■ **WHAT IS BEING ASKED**
Find every line containing the word "trimmed" in the records below; report only how many there are.

--- THE DATA Enclosed Below ---

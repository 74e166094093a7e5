-- ===== src/QuotedPrintable/Bounds.antt =====
-- The line buffer of the quoted-printable writer does not overflow, and no line is too long.
use mime.Base.{
  Bool, false, ◌∙◌, subst, ℕ, ◌≤◌, ◌+◌, ◌-◌, ◌/◌, ◌%◌, List, [], ◌∷◌, ◌++◌, true, none, some,
  Option, All, All-append, length, ◌≡◌, inl, inr, refl, ap, sym, arith, ◌==◌, ltb, length-append,
  append_assoc, Option-cases, Bool-cases, ◌&&◌, ◌||◌,
}
use mime.Base.Bytes.{Bytes}
use mime.EncodedWord.QEncoding.{upper_hex}
use mime.QuotedPrintable.Flushes.{
  crlf, soft, sent, Flushes, flush_cases, insert_crlf_cases, insert_soft_cases, split_last-none,
  split_last-some,
}
use mime.QuotedPrintable.Writer.{
  Writer, Sink, Step, continue_with, ◌>>◌, append, set_cr, is_whitespace, split_last, flush,
  insert_crlf, encode, check_last_byte, write_byte, write, is_simple, continue_at, write_loop,
  write_all, close, line_max_len,
}

abbrev pub is_blank : ℕ → Bool
is_blank b = b == b' ' || b == b'\t'

-- the last byte is a blank
abbrev pub ends_blank : Bytes → Bool
ends_blank [] = false
ends_blank (b ∷ []) = is_blank b
ends_blank (b ∷ c ∷ s) = ends_blank (c ∷ s)

-- no byte of a line end
abbrev pub IsTextByte : ℕ → Type 0
IsTextByte b = (b == b'\n' || b == b'\r') ≡ false

-- The text of a line: at most 76 characters, with no line end among them and no blank last.
pub record IsBody (body : Bytes) : Type 0 where
  pub short : length body ≤ line_max_len
  pub text : All IsTextByte body
  pub no_blank : ends_blank body ≡ false

-- A whole line, with its CRLF.
pub record IsLine (chunk : Bytes) : Type 0 where
  pub body : Bytes
  pub shape : chunk ≡ body ++ crlf
  pub is_body : IsBody body

-- Between two calls: room for a soft line break, no line end in the line that waits, and all that has
-- gone out is whole lines.
pub record IsValid (w : Writer) : Type 0 where
  pub room : length w.line ≤ 75
  pub text : All IsTextByte w.line
  pub lines : All IsLine w.out

-- What holds after a call too that has failed: the buffer of 78 bytes has not overflowed.
pub record IsBounded (w : Writer) : Type 0 where
  pub fits : length w.line ≤ 78
  pub lines : All IsLine w.out

ends_blank-last : (s : Bytes) (b : ℕ) → ends_blank (s ++ b ∷ []) ≡ is_blank b
ends_blank-last [] b = refl
ends_blank-last (c ∷ []) b = refl
ends_blank-last (c ∷ d ∷ s) b = ends_blank-last (d ∷ s) b

abbrev pub Post : Writer × Option ℕ → Type 0
Post (w, none) = IsValid w
Post (w, some e) = IsBounded w

continue_with-Post :
    (r : Writer × Option ℕ) (k : Step)
    → Post r
    → ((w : Writer) → IsValid w → Post (k w))
    → Post (continue_with r k)
continue_with-Post (w, some e) k p h = p
continue_with-Post (w, none) k p h = h w p

flushed :
    (out : List Bytes) (chunk : Bytes)
    → All IsLine out
    → IsLine chunk
    → All IsLine (out ++ chunk ∷ [])
flushed out chunk h s = All-append IsLine out (chunk ∷ []) h (s, tt)

soft-IsLine : (w : Writer) → length w.line ≤ 75 → All IsTextByte w.line → IsLine (w.line ++ soft)
soft-IsLine w n t = record {
  body = w.line ++ b'=' ∷ [];
  shape = sym (append_assoc w.line (b'=' ∷ []) crlf);
  is_body = record {
    short = omega (arith, length-append w.line (b'=' ∷ []));
    text = All-append IsTextByte w.line (b'=' ∷ []) t (refl, tt);
    no_blank = ends_blank-last w.line b'=';
  };
}

-- `r` has flushed `w` with `bs`, and the call goes on with `k`.
Flushes-Post :
    {sink : Sink} {r : Writer × Option ℕ} (P : Writer × Option ℕ → Type 0) (w : Writer) (bs : Bytes)
    (k : Step)
    → ((w' : Writer) (e : ℕ) → IsBounded w' → P (w', some e))
    → Flushes sink r w bs
    → length bs ≤ 3
    → length w.line ≤ 75
    → All IsLine w.out
    → IsLine (w.line ++ bs)
    → ((w' : Writer) → w'.line ≡ [] → All IsLine w'.out → P (k w'))
    → P (continue_with r k)
Flushes-Post P w bs k fails (inl (e, p, _)) n m h s f =
    subst (λ q. P (continue_with q k)) (sym p)
      (fails _ e (record { fits = omega (arith, length-append w.line bs); lines = h }))
Flushes-Post P w bs k fails (inr p) n m h s f =
    subst (λ q. P (continue_with q k)) (sym p)
      (f (sent w bs) refl (flushed w.out (w.line ++ bs) h s))

All-front : (s t : Bytes) → All IsTextByte (s ++ t) → All IsTextByte s
All-front [] t h = tt
All-front (c ∷ s) t (p, h) = (p, All-front s t h)

-- the bytes of an escape
escape_of : ℕ → Bytes
escape_of b = b'=' ∷ upper_hex (b / 16) ∷ upper_hex (b % 16) ∷ []

upper_hex-text : (n : ℕ) → IsTextByte (upper_hex n)
unfolding upper_hex
upper_hex-text n = ground arith

upper_hex-no_blank : (n : ℕ) → is_blank (upper_hex n) ≡ false
unfolding upper_hex
upper_hex-no_blank n = ground arith

-- A valid writer whose line does not end in a blank.
abbrev PostTrim : Writer × Option ℕ → Type 0
PostTrim (w, none) = IsValid w × (ends_blank w.line ≡ false)
PostTrim (w, some e) = IsBounded w

PostTrim-Post : (r : Writer × Option ℕ) → PostTrim r → Post r
PostTrim-Post (w, none) h = h.0
PostTrim-Post (w, some e) h = h

-- an escape behind a line with room
put_escape :
    (b : ℕ) (w : Writer)
    → length w.line ≤ 72
    → All IsTextByte w.line
    → All IsLine w.out
    → PostTrim (append (escape_of b) w)
unfolding append escape_of
put_escape b w n t h =
    let one = upper_hex (b / 16) in
    let two = upper_hex (b % 16) in
    (
      record {
        room = omega (arith, length-append w.line (b'=' ∷ one ∷ two ∷ []));
        text =
            All-append IsTextByte w.line (b'=' ∷ one ∷ two ∷ []) t
              (refl, (upper_hex-text (b / 16), (upper_hex-text (b % 16), tt)));
        lines = h;
      },
      ap (λ l. ends_blank l) (sym (append_assoc w.line (b'=' ∷ one ∷ []) (two ∷ [])))
          ∙ ends_blank-last (w.line ++ (b'=' ∷ one ∷ [])) two
          ∙ upper_hex-no_blank (b % 16),
    )

module _ (sink : Sink) where
  -- three more bytes, in a line of their own if there is no room
  encode-Trim : (b : ℕ) (w : Writer) → IsValid w → PostTrim (encode sink b w)
  unfolding encode escape_of
  encode-Trim b w v = elim (Bool-cases (ltb (line_max_len - 1 - length w.line) 3)) [
    | inl e ↦ rw e (
        Flushes-Post PostTrim w soft _ (λ w' x h. h) (insert_soft_cases sink w) (omega arith) v.room
          v.lines (soft-IsLine w v.room v.text)
          λ w' n h.
            put_escape b w' (omega (arith, ap (λ l. length l) n))
              (subst (λ l. All IsTextByte l) (sym n) tt) h)
    | inr e ↦ rw e (put_escape b w (ground (arith, v.room)) v.text v.lines)
  ]

  encode-Post : (b : ℕ) (w : Writer) → IsValid w → Post (encode sink b w)
  encode-Post b w v = PostTrim-Post (encode sink b w) (encode-Trim b w v)

  check_last_byte-Trim : (w : Writer) → IsValid w → PostTrim (check_last_byte sink w)
  unfolding check_last_byte is_whitespace
  check_last_byte-Trim w v = elim (Option-cases (split_last w.line)) [
    | inl e ↦ rw (e, check_last_byte) (v, ap (λ l. ends_blank l) (split_last-none w.line e))
    | inr ((front, b), e) ↦
        let whole = split_last-some w.line e in
        elim (Bool-cases (b == b' ' || b == b'\t')) [
          | inl s ↦
              rw (e, check_last_byte, s)
                (encode-Trim b (record w { line = front })
                  (record {
                    room = omega (arith, v.room, ap length whole, length-append front (b ∷ []));
                    text = All-front front (b ∷ []) (subst (λ l. All IsTextByte l) whole v.text);
                    lines = v.lines;
                  }))
          | inr s ↦
              rw (e, check_last_byte, s)
                (v, ap (λ l. ends_blank l) whole ∙ ends_blank-last front b ∙ s)
        ]
  ]

  insert_crlf-Post :
      (w : Writer) → IsValid w → ends_blank w.line ≡ false → Post (insert_crlf sink w)
  insert_crlf-Post w v n = elim (insert_crlf_cases sink w) [
    | inl (x, e, _) ↦
        rw e (record { fits = omega (arith, v.room, length-append w.line crlf); lines = v.lines })
    | inr e ↦ rw e (record {
      room = omega arith;
      text = tt;
      lines = flushed w.out (w.line ++ crlf) v.lines (record {
        body = w.line;
        shape = refl;
        is_body = record { short = omega (arith, v.room); text = v.text; no_blank = n };
      });
    })
  ]

  trimmed-Post : (r : Writer × Option ℕ) → PostTrim r → Post (continue_with r (insert_crlf sink))
  trimmed-Post (w, none) (v, n) = insert_crlf-Post w v n
  trimmed-Post (w, some e) h = h

  end_line-Post : (w : Writer) → IsValid w → Post ((check_last_byte sink >> insert_crlf sink) w)
  end_line-Post w v = trimmed-Post (check_last_byte sink w) (check_last_byte-Trim w v)

  put_byte-Post :
      (b : ℕ) (w : Writer)
      → IsTextByte b
      → length w.line ≤ 74
      → All IsTextByte w.line
      → All IsLine w.out
      → Post ((append (b ∷ []) >> set_cr false) w)
  unfolding append set_cr
  put_byte-Post b w p n t h = record {
    room = omega (arith, length-append w.line (b ∷ []));
    text = All-append IsTextByte w.line (b ∷ []) t (p, tt);
    lines = h;
  }

  write_byte-Post : (b : ℕ) (w : Writer) → IsValid w → Post (write_byte sink b w)
  unfolding write_byte set_cr
  write_byte-Post b w v = elim (Bool-cases (b == b'\n' || b == b'\r')) [
    | inl nl ↦ elim (Bool-cases (w.cr && b == b'\n')) [
      | inl second ↦ rw (nl, second) (record { room = v.room; text = v.text; lines = v.lines })
      | inr first ↦ elim (Bool-cases (b == b'\r')) [
        | inl e ↦
            rw (nl, first, e)
              (end_line-Post (record w { cr = true })
                (record { room = v.room; text = v.text; lines = v.lines }))
        | inr e ↦ rw (nl, first, e) (end_line-Post w v)
      ]
    ]
    | inr plain ↦ elim (Bool-cases (length w.line == line_max_len - 1)) [
      | inl full ↦
          rw (plain, full)
            (Flushes-Post Post w soft (append (b ∷ []) >> set_cr false) (λ w' x h. h)
              (insert_soft_cases sink w) (omega arith) v.room v.lines (soft-IsLine w v.room v.text)
              (λ w' n h.
                put_byte-Post b w' plain (omega (arith, ap (λ l. length l) n))
                  (subst (λ l. All IsTextByte l) (sym n) tt) h))
      | inr space ↦
          rw (plain, space) (put_byte-Post b w plain (ground (arith, v.room)) v.text v.lines)
    ]
  ]

  write-Post : (p : Bytes) (w : Writer) → IsValid w → Post (write sink p w)
  unfolding write
  write-Post [] w v = v
  write-Post (b ∷ p) w v =
      continue_with-Post (write_byte sink b w) (write sink p) (write_byte-Post b w v) (write-Post p)

-- What `Write` leaves of an input of `total` bytes, and the count that it returns.
abbrev pub Written : ℕ → Writer × ℕ × Option ℕ → Type 0
Written total (w, n, none) = IsValid w × (n ≡ total)
Written total (w, n, some e) = IsBounded w × (n ≤ total)

continue_at-Written :
    (total n : ℕ) (r : Writer × Option ℕ) (k : Writer → Writer × ℕ × Option ℕ)
    → n ≤ total
    → Post r
    → ((w : Writer) → IsValid w → Written total (k w))
    → Written total (continue_at n r k)
continue_at-Written total n (w, some e) k h p f = (p, h)
continue_at-Written total n (w, none) k h p f = f w p

module _ (sink : Sink) where
  write_loop-Written :
      (total n : ℕ) (pending p : Bytes) (w : Writer)
      → n + length pending + length p ≡ total
      → IsValid w
      → Written total (write_loop sink n pending p w)
  unfolding write_loop
  write_loop-Written total n [] [] w h v = (v, omega arith)
  write_loop-Written total n (b ∷ pending) [] w h v =
      continue_at-Written total n (write sink (b ∷ pending) w) _ (omega arith)
        (write-Post sink (b ∷ pending) w v) (λ w' v'. (v', omega arith))
  write_loop-Written total n pending (b ∷ p) w h v = elim (Bool-cases (is_simple w.binary b)) [
    | inl e ↦
        rw (e, write_loop)
          (write_loop-Written total n (pending ++ b ∷ []) p w
            (omega (arith, h, length-append pending (b ∷ []))) v)
    | inr e ↦
        rw (e, write_loop)
          (continue_at-Written total n (write sink pending w) _ (omega arith)
            (write-Post sink pending w v)
            λ w' v'.
              continue_at-Written total (n + length pending) (encode sink b w') _ (omega arith)
                (encode-Post sink b w' v')
                λ w'' v''.
                  write_loop-Written total (n + length pending + 1) [] p w'' (omega (arith, h)) v'')
  ]

-- `Write` on a valid writer, whatever the sink does: each call of the underlying writer gets one whole
-- line, which has at most 76 characters with no line end among them and no blank last, and its CRLF.
-- If `Write` returns no error then the writer is valid and the count is the length of the input; and
-- after an error the line buffer of 78 bytes has not overflowed, and the count is at most the length
-- of the input.
pub write_all-Written :
    (sink : Sink) (p : Bytes) (w : Writer) → IsValid w → Written (length p) (write_all sink p w)
unfolding write_all
write_all-Written sink p w v = write_loop-Written sink (length p) 0 [] p w (omega arith) v

-- What `Close` leaves: whole lines, and the text of a last line without a CRLF, which may be empty.
pub record IsEnded (w : Writer) : Type 0 where
  pub waits : w.line ≡ []
  pub before : List Bytes
  pub last : Bytes
  pub all : w.out ≡ before ++ last ∷ []
  pub lines : All IsLine before
  pub last_body : IsBody last

abbrev pub Ended : Writer × Option ℕ → Type 0
Ended (w, none) = IsEnded w
Ended (w, some e) = IsBounded w

flush-Ended :
    (sink : Sink) (r : Writer × Option ℕ) → PostTrim r → Ended (continue_with r (flush sink))
flush-Ended sink (w, some e) h = h
flush-Ended sink (w, none) (v, n) = elim (flush_cases sink w) [
  | inl (x, e, _) ↦ rw e (record { fits = omega (arith, v.room); lines = v.lines })
  | inr e ↦ rw e (record {
    waits = refl;
    before = w.out;
    last = w.line;
    all = refl;
    lines = v.lines;
    last_body = record { short = omega (arith, v.room); text = v.text; no_blank = n };
  })
]

-- `Close` on a valid writer, whatever the sink does: if it returns no error then nothing waits, and
-- what has gone out is whole lines, each of at most 76 characters with no line end among them and no
-- blank last and its CRLF, and then a last line of that kind without its CRLF; and after an error the
-- line buffer has not overflowed, and whole lines only have gone out.
pub close-Ended : (sink : Sink) (w : Writer) → IsValid w → Ended (close sink w)
unfolding close
close-Ended sink w v = flush-Ended sink (check_last_byte sink w) (check_last_byte-Trim sink w v)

--- End of Enclosed THE DATA ---

■ **TASK RESPONSE**
4